She has won numerous awards for broadcast both as a reporter and news manager. They include 2 national Edward R. Murrow Awards, many regional Murrows, 4 regional Emmy awards, the national Iris Award, the national Silver Gavel Award, and several dozen state broadcast association awards. Most recently, in 2010, Burdick was awarded The South Dakota Broadcast Association’s “Tom Brokaw Award” for broadcast excellence. In 2012, The Radio Television Digital News Association (RTDNA) awarded Burdick their “First Amendment Leadership” Award. Burdick was named “Broadcaster of the Year” in 2013 by Broadcasting & Cable Magazine.
Burdick is active in the industry and the communities in which she’s lived. She is a past President of the TV Board of the National Association of Broadcasters (the industry’s leading trade association), the NBC Affiliates Association and the (then) Radio-Television News Directors Association. In each case, she was the first women to hold leadership positions. She currently serves on both the Investment Committee and PAC committees for NAB. Locally, Burdick has served on the Boards of Directors of the Augusta United Way (chairman), the Rapid City Convention Visitors Bureau (Chairman), the South Bend Rotary Club and the Studebaker Museum. While in Rapid City, she founded the “KOTA Care and Share Food Drive” which still operates today.

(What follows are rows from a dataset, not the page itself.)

-- ===== src/Score/Isqrt.antt =====
-- isqrt of programs/entros-registry/src/lib.rs, of which programs/entros-anchor/src/lib.rs has a
-- copy that agrees line by line. The loop's fuel is n, and the loop variable falls from n.
use native.Mathlib.Nat.{mul-le-mul, div-add-mod, mod-lt, le_refl, div_self}
use native.Mathlib.Decide.{dec_le}
use protocol_core.Base.{
  ℕ, zero, suc, ◌+◌, ◌-◌, ◌*◌, ◌/◌, ◌%◌, ◌≤◌, ◌<◌, ◌≡◌, true, false, arith, ltb, ◌==◌,
  if◌then◌else◌,
}

-- `while y < x { x = y; y = (x + n / x) / 2; }`
unfoldable pub newton : ℕ → ℕ → ℕ → ℕ → ℕ
newton zero n x y = x
newton (suc f) n x y = elim (ltb y x) [ true ↦ newton f n y ((y + n / y) / 2) | false ↦ x ]

unfoldable pub isqrt : ℕ → ℕ
unfolding newton
isqrt n = if n == 0 then 0 else newton n n n ((n + 1) / 2)

sq_mono : (a b : ℕ) → a ≤ b → a * a ≤ b * b
sq_mono a b h = mul-le-mul h h

-- 4ab ≤ (a + b)².
am_gm_ordered : (a d : ℕ) → 4 * (a * (a + d)) ≤ (a + (a + d)) * (a + (a + d))
am_gm_ordered a d = omega arith

am_gm : (a b : ℕ) → 4 * (a * b) ≤ (a + b) * (a + b)
am_gm a b = elim (dec_le a b) [
  | yes h ↦ let e : b ≡ a + (b - a) = omega arith in rw e (am_gm_ordered a (b - a))
  | no h ↦ let e : a ≡ b + (a - b) = omega arith in rw e (omega (arith, am_gm_ordered b (a - b)))
]

next_above_core :
    (n x q y r : ℕ) → x * q + r ≡ n → r < x → x + q + 1 ≤ 2 * (y + 1) → n < (y + 1) * (y + 1)
next_above_core n x q y r e h k =
    omega (arith, am_gm x (q + 1), sq_mono (x + (q + 1)) (2 * (y + 1)) (omega arith))

-- Newton's next value never falls below the root.
next_above : (n x : ℕ) → 0 < x → n < ((x + n / x) / 2 + 1) * ((x + n / x) / 2 + 1)
next_above n x h =
    next_above_core n x (n / x) ((x + n / x) / 2) (n % x) (div-add-mod n x) (mod-lt n h)
      (omega arith)

-- The loop stops at the root.
stop_below : (n x : ℕ) → 0 < x → x ≤ (x + n / x) / 2 → x * x ≤ n
stop_below n x h k =
    let wide : x ≤ n / x = omega arith in
    omega (arith, mul-le-mul (le_refl x) wide, div-add-mod n x)

next_pos : (n x : ℕ) → 0 < n → 0 < x → 0 < (x + n / x) / 2
next_pos n zero p h = absurd (omega arith)
next_pos n (suc zero) p h = omega arith
next_pos n (suc (suc x)) p h = omega arith

newton_floor :
    (f n x : ℕ)
    → 0 < n
    → 0 < x
    → x ≤ f
    → n < (x + 1) * (x + 1)
    → let r = newton f n x ((x + n / x) / 2) in (r * r ≤ n) × (n < (r + 1) * (r + 1))
unfolding newton
newton_floor zero n x p h k b = absurd (omega arith)
newton_floor (suc f) n x p h k b = ground (
  arith,
  stop_below n x h,
  next_pos n x p h,
  newton_floor f n ((x + n / x) / 2) p (next_pos n x p h),
  next_above n x h,
)

-- The result is the floor of the square root, at every input: the loop with n rounds of fuel
-- reaches its end.
pub isqrt_floor : (n : ℕ) → (isqrt n * isqrt n ≤ n) × (n < (isqrt n + 1) * (isqrt n + 1))
unfolding isqrt
isqrt_floor zero = omega arith
isqrt_floor (suc n) =
    let one : suc n / suc n ≡ 1 = div_self (omega arith) in
    let first : (suc n + 1) / 2 ≡ (suc n + suc n / suc n) / 2 = omega (arith, one) in
    let nonzero : (suc n == 0) ≡ false = ground arith in
    rw (nonzero, first)
      (newton_floor (suc n) (suc n) (suc n) (omega arith) (omega arith) (omega arith) (omega arith))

Burdick is frequently invited to present at journalism and leadership training sessions for organizations such as the Poynter Institute for Media Studies, the Radio-Television News Directors Foundation and the National Association of Broadcasters Educational Foundation. She and her husband, John, have four children and six granddaughters.
Jill Geisler
Bayside, WI
Jill Geisler is the Bill Plante Chair in Leadership and Media Integrity at Loyola University Chicago and an internationally recognized expert in leadership and management. She’s the person news organizations reach out to when their managers need solutions, skills and inspiration. Her influence on media leaders ranges from Boston to Bhutan.
She is also the Freedom Forum’s Fellow in Women’s Leadership. Jill leads programs in its Power Shift Project, the goal of which is Workplace Integrity: environments free of discrimination and incivility and full of opportunity, especially for those who have been denied it. She has trained hundreds of media leaders to deliver the Workplace Integrity curriculum she designed and has personally delivered her “Do You Qualify as an Ally?” webinar to thousands of aspiring allies in media and beyond.
She is the coach to countless leaders she’s never met, through her book, “Work Happy: What Great Bosses Know,” her management columns for the National Press Club Journalism Institute and Columbia Journalism Review, and her podcasts, “What Great Bosses Know” and “Q&A: Leadership and Integrity in the Digital Age.”
Jill’s first career was in broadcast journalism, where she began as a reporter, photographer, producer and anchor. At the age of 27, she became one of the country’s first female TV news directors at WITI-TV in Milwaukee. Her award-winning newsroom was known for its culture of enterprise and ethics. After 25 years on the front lines of news and news management, she joined the faculty of the Poynter Institute, where she guided its leadership and management programs for 16 years and became known as a master teacher and coach.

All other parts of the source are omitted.